I get great results from Copilot, but that's because I do a bunch of things to help it work for me.

One example: I'll often paste in a big chunk of text - the class definition for an ORM model for example - then use Copilot to write code that uses that class, then delete the code I pasted in again later.

Or I'll add a few lines of comments describing what I'm about to do, and let Copilot write that code for me.

Did you try the trick where you paste in a bunch of code and then start writing tests for it and Copilot spits out the test code for you?

A few more notes about how I've used Copilot here:

- https://til.simonwillison.net/gpt3/writing-test-with-copilot

- https://til.simonwillison.net/gpt3/reformatting-text-with-co...

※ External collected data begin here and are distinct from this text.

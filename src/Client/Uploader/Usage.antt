-- ===== src/Client/Uploader/Usage.antt =====
-- How often each connection is taken and released over an upload.
use sing_xhttp.Common.{
  ℕ, ◌+◌, ◌%◌, ◌^◌, ◌≡◌, ◌≢◌, refl, ◌∙◌, inl, inr, false, List, [], ◌∷◌, ◌==◌, arith, if◌then◌else◌,
  Bool-cases,
}
use sing_xhttp.Client.Waiter.Once.{count}
use sing_xhttp.Client.Uploader.{
  Uploader, Turn, rotates, dial, rotate, send_chunk, upload, close_all,
}

-- One for the connection that is bound.
abbrev one_for : ℕ → ℕ → ℕ
one_for z k = if z == k then 1 else 0

-- Only the bound connection is taken once more than it is released.
abbrev Held : Uploader → Type 0
Held u = (k : ℕ) → count k u.taken ≡ count k u.released + one_for u.bound k

dial-Held : (x : ℕ) → Held (dial x)
unfolding dial
dial-Held x k = ground arith

rotate-Held : (t : Turn) (u : Uploader) → Held u → Held (rotate t u)
unfolding rotate
rotate-Held t u h k = elim (Bool-cases (rotates t)) [
  | inl e ↦ rw e (ground (arith, h k))
  | inr e ↦ rw e (h k)
]

send_chunk-Held : (t : Turn) (u : Uploader) → Held u → Held (send_chunk t u)
unfolding send_chunk
send_chunk-Held t u h k = rotate-Held t (record u { seq = (u.seq + 1) % 2 ^ 64 }) h k

upload-Held : (ts : List Turn) (u : Uploader) → Held u → Held (upload ts u)
unfolding upload
upload-Held [] u h = h
upload-Held (t ∷ ts) u h = upload-Held ts (send_chunk t u) (send_chunk-Held t u h)

rotate-closed : (t : Turn) (u : Uploader) → (rotate t u).closed ≡ u.closed
unfolding rotate
rotate-closed t u = elim (Bool-cases (rotates t)) [ inl e ↦ rw e refl | inr e ↦ rw e refl ]

upload-closed : (ts : List Turn) (u : Uploader) → (upload ts u).closed ≡ u.closed
unfolding upload send_chunk
upload-closed [] u = refl
upload-closed (t ∷ ts) u =
    upload-closed ts (send_chunk t u) ∙ rotate-closed t (record u { seq = (u.seq + 1) % 2 ^ 64 })

not_closed : (x : ℕ) (ts : List Turn) → (upload ts (dial x)).closed ≡ false
unfolding dial
not_closed x ts = upload-closed ts (dial x)

closes : (x : ℕ) (u : Uploader) → u.closed ≡ false → (close_all x u).released ≡ x ∷ u.released
unfolding close_all
closes x u e = rw e refl

still_taken : (x : ℕ) (u : Uploader) → u.closed ≡ false → (close_all x u).taken ≡ u.taken
unfolding close_all
still_taken x u e = rw e refl

-- After an upload that began on one connection and, by rotation, ended on another: when everything is
-- closed, the connection that it ended on has been taken once more than released, and the one that it
-- began on has been released once more than taken.
pub rotation_leaks :
    (x : ℕ) (ts : List Turn)
    → (upload ts (dial x)).bound ≢ x
    → (let done = close_all x (upload ts (dial x)) in
        let z = (upload ts (dial x)).bound in
        (count z done.taken ≡ count z done.released + 1)
        × (count x done.released ≡ count x done.taken + 1))
rotation_leaks x ts moved =
    let u = upload ts (dial x) in
    let open_u = not_closed x ts in
    let held = upload-Held ts (dial x) (dial-Held x) in
    rw (closes x u open_u, still_taken x u open_u)
      (ground (arith, held u.bound, moved), ground (arith, held x, moved))
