-- ===== src/Client/Uploader/Tests.antt =====
-- An upload of two chunks with a rotation between them.
use sing_xhttp.Common.{◌+◌, ◌≡◌, ◌≢◌, none, List, [], ◌∷◌, map, arith}
use sing_xhttp.Common.Int.{pos}
use sing_xhttp.Common.Text.{codes}
use sing_xhttp.Client.Waiter.Once.{count}
use sing_xhttp.Client.Uploader.{Turn, dial, rotate, rotates, send_chunk, upload, close_all}
use sing_xhttp.Client.Uploader.Usage.{rotation_leaks}
use sing_xhttp.Client.Uploader.Numbers.{packet_of, numbered, upload-numbered}

abbrev first_turn : Turn
first_turn = record {
  chunk = codes "ab";
  left_requests = pos 9;
  unreusable_at = none;
  now = 3;
  picked = 5;
}

abbrev turns : List Turn
turns = first_turn ∷ (record first_turn { chunk = codes "c"; left_requests = pos 1 }) ∷ []

moved : (upload turns (dial 4)).bound ≢ 4
unfolding upload send_chunk rotate rotates dial
moved e = omega (arith, e)

rotation_leaks_example :
    let done = close_all 4 (upload turns (dial 4)) in
    let z = (upload turns (dial 4)).bound in
    (count z done.taken ≡ count z done.released + 1)
    × (count 4 done.released ≡ count 4 done.taken + 1)
rotation_leaks_example = rotation_leaks 4 turns moved

upload-numbered_example : map packet_of (upload turns (dial 4)).posts ≡ numbered 0 turns
upload-numbered_example = upload-numbered 4 turns (omega arith)
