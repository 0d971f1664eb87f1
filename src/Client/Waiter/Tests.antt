-- ===== src/Client/Waiter/Tests.antt =====
-- A waiter that is closed before its body arrives.
use sing_xhttp.Common.{◌≡◌, refl, true, [], ◌∷◌, List}
use sing_xhttp.Client.Waiter.{Event, set_body, close, open_ready, is_some, new_waiter, step, run}
use sing_xhttp.Client.Waiter.Once.{count, bodies_closed_once}

abbrev late : List Event
late = close ∷ set_body 4 ∷ open_ready ∷ close ∷ []

late_closed : (run new_waiter late).closed ≡ true
unfolding run step
late_closed = refl

bodies_closed_once_example :
    (count 4 (run new_waiter late).shut ≡ count 4 (run new_waiter late).given)
    × (is_some (run new_waiter late).err ≡ true)
bodies_closed_once_example = bodies_closed_once late 4 late_closed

I've also used Copilot to take educated guesses at things - like an inline mini-ChatGPT - with good results:

- https://til.simonwillison.net/gpt3/guessing-amazon-urls

As with so many other AI tools, Copilot is desperately lacking detailed documentation. It's not at all obvious how to get the most out of it.

2 comments

I sometimes prompt Copilot with if statements and var declarations and it actually ends up suggesting missed corner cases and fixing bugs. Definitely, there's an art and form to using it.

I wonder if this quest for the perfect prompt is dumbing me down, though.

Using Copilot has taught me how to write better code comments. And the improved comment quality benefits everyone, not just the AI.

Even something as simple as adding a doc block for a method can boost the quality quite a bit.

I could live without it, but I'd also keep paying if the price increased.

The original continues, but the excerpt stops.